▶ [RECORDED INFORMATION]
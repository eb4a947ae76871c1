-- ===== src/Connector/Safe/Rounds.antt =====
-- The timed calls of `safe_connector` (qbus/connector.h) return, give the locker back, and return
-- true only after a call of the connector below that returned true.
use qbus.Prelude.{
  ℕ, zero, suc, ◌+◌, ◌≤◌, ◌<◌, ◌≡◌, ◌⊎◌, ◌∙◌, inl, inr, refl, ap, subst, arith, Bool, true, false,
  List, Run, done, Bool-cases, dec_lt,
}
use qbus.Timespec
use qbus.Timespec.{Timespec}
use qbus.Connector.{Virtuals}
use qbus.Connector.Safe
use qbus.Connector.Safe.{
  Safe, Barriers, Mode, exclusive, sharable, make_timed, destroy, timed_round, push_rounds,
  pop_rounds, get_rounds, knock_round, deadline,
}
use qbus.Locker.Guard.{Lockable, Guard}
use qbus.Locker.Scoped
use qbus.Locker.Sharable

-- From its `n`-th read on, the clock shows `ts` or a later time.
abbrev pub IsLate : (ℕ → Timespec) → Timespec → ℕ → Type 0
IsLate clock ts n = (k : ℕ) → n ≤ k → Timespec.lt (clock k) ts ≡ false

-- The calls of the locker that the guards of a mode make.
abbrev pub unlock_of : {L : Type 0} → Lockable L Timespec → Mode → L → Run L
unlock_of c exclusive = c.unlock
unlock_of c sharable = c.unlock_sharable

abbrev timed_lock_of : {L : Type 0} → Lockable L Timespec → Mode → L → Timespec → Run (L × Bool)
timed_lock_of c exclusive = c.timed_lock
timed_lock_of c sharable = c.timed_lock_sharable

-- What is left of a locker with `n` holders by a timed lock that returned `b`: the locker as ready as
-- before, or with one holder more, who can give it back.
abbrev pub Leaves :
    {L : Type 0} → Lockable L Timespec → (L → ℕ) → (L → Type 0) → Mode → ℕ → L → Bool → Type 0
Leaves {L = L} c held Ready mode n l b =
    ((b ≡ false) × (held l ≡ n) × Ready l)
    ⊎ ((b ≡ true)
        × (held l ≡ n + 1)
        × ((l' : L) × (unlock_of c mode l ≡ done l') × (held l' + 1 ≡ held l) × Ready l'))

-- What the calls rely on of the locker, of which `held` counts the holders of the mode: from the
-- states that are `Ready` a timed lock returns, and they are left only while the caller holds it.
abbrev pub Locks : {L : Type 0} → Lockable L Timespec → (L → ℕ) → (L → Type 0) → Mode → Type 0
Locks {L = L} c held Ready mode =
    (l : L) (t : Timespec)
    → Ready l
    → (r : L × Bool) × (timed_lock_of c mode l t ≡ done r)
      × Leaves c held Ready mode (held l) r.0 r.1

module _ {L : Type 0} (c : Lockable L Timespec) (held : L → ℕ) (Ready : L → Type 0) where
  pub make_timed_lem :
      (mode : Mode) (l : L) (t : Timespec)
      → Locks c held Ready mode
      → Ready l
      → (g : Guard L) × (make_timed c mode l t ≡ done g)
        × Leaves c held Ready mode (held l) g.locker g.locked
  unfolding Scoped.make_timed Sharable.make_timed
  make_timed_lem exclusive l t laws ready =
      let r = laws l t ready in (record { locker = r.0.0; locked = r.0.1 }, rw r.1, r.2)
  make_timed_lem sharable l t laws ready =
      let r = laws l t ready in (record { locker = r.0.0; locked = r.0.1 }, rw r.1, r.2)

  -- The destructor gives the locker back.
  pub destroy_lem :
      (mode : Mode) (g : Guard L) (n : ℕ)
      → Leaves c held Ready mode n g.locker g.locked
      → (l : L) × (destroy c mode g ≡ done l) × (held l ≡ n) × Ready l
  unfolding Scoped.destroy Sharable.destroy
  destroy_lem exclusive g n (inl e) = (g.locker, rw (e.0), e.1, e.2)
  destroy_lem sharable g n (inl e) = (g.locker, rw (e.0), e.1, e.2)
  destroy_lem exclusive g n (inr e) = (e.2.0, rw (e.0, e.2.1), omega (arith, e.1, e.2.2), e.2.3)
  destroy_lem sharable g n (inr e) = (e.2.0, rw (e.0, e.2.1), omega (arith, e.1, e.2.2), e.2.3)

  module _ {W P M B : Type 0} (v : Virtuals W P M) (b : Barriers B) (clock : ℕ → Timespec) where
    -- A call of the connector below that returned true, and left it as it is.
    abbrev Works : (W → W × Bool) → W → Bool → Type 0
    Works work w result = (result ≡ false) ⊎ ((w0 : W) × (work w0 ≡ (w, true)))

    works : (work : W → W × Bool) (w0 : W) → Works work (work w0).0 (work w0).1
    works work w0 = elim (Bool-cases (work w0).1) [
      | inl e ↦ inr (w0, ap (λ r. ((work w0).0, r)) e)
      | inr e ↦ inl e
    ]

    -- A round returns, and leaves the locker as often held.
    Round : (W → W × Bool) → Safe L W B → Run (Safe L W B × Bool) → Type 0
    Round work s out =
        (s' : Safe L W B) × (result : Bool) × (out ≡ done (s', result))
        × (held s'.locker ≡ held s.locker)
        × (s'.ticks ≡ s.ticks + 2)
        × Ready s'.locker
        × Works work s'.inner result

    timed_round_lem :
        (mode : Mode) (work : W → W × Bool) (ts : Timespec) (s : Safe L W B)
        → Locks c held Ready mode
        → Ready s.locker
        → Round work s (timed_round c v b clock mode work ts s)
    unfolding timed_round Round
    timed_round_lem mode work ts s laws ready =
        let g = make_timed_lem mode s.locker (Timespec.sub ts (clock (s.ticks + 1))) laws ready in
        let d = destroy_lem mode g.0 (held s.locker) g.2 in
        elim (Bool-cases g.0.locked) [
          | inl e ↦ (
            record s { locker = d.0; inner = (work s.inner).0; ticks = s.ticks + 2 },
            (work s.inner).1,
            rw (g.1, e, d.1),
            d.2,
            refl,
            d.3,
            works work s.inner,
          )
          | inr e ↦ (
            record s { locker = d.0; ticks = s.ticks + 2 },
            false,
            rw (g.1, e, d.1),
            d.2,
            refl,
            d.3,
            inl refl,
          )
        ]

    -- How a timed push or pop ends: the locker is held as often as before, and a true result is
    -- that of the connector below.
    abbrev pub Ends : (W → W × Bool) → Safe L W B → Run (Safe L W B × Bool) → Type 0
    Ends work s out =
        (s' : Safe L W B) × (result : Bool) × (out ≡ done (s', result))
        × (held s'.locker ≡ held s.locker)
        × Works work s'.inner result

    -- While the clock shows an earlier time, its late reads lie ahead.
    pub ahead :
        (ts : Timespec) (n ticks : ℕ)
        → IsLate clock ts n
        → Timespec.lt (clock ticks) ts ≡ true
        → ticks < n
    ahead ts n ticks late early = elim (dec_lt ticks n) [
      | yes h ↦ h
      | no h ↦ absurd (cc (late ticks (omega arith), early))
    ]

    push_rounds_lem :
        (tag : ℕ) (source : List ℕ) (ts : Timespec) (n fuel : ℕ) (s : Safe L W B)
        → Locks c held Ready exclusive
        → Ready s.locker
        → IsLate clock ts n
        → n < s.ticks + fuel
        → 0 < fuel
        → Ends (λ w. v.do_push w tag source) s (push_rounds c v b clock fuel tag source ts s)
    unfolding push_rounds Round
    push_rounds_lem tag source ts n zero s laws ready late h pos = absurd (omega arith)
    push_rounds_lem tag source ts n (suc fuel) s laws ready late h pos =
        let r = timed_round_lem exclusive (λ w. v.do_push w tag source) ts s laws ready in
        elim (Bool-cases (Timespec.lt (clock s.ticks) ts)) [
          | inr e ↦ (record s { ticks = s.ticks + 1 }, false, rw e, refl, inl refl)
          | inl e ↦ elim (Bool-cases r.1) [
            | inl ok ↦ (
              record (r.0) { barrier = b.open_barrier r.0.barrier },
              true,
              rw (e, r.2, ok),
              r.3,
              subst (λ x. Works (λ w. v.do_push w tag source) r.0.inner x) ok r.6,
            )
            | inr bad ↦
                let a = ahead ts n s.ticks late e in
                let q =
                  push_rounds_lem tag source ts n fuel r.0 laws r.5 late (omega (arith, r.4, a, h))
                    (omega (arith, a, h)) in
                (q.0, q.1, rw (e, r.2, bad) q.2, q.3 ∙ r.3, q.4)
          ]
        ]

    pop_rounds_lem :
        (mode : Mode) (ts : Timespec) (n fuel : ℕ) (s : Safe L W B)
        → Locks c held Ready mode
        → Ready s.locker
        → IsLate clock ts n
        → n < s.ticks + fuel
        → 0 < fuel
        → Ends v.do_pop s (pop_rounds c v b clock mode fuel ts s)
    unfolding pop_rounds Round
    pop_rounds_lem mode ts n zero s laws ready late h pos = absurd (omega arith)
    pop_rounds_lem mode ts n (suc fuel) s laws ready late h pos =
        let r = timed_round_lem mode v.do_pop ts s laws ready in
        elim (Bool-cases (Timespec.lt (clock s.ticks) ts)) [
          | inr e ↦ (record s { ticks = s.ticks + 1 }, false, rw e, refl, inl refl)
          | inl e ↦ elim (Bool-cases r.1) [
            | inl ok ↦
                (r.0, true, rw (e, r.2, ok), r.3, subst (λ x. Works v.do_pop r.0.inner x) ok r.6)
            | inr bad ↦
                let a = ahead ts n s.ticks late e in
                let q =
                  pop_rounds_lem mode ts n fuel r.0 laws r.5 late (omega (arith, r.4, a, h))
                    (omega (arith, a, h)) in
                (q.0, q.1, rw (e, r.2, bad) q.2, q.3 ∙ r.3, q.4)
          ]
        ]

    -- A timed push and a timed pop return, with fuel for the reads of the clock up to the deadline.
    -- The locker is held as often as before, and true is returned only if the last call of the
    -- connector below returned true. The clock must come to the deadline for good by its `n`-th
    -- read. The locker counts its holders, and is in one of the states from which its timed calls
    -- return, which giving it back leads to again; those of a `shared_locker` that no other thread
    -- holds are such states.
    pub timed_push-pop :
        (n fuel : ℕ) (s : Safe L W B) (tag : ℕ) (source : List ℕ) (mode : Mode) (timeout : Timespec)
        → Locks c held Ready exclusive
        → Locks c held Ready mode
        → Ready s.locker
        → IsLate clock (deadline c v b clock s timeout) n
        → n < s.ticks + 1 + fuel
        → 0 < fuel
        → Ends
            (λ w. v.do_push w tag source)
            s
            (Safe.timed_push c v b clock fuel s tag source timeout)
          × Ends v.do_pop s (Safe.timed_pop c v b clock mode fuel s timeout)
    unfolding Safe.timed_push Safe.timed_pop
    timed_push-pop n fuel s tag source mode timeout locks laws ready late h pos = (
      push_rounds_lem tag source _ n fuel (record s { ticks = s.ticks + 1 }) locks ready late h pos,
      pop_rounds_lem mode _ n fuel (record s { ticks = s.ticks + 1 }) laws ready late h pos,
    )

▶ [DESCRIPTION OF THE TASK] Copy out each line of the data above, exactly, if it lies between the line holding "abbrev pub Locks" and the line holding "make_timed_lem sharable l", inclusive; copy no other line.

▶ [EXPECTED OUTPUT]
abbrev pub Locks : {L : Type 0} → Lockable L Timespec → (L → ℕ) → (L → Type 0) → Mode → Type 0
Locks {L = L} c held Ready mode =
    (l : L) (t : Timespec)
    → Ready l
    → (r : L × Bool) × (timed_lock_of c mode l t ≡ done r)
      × Leaves c held Ready mode (held l) r.0 r.1

module _ {L : Type 0} (c : Lockable L Timespec) (held : L → ℕ) (Ready : L → Type 0) where
  pub make_timed_lem :
      (mode : Mode) (l : L) (t : Timespec)
      → Locks c held Ready mode
      → Ready l
      → (g : Guard L) × (make_timed c mode l t ≡ done g)
        × Leaves c held Ready mode (held l) g.locker g.locked
  unfolding Scoped.make_timed Sharable.make_timed
  make_timed_lem exclusive l t laws ready =
      let r = laws l t ready in (record { locker = r.0.0; locked = r.0.1 }, rw r.1, r.2)
  make_timed_lem sharable l t laws ready =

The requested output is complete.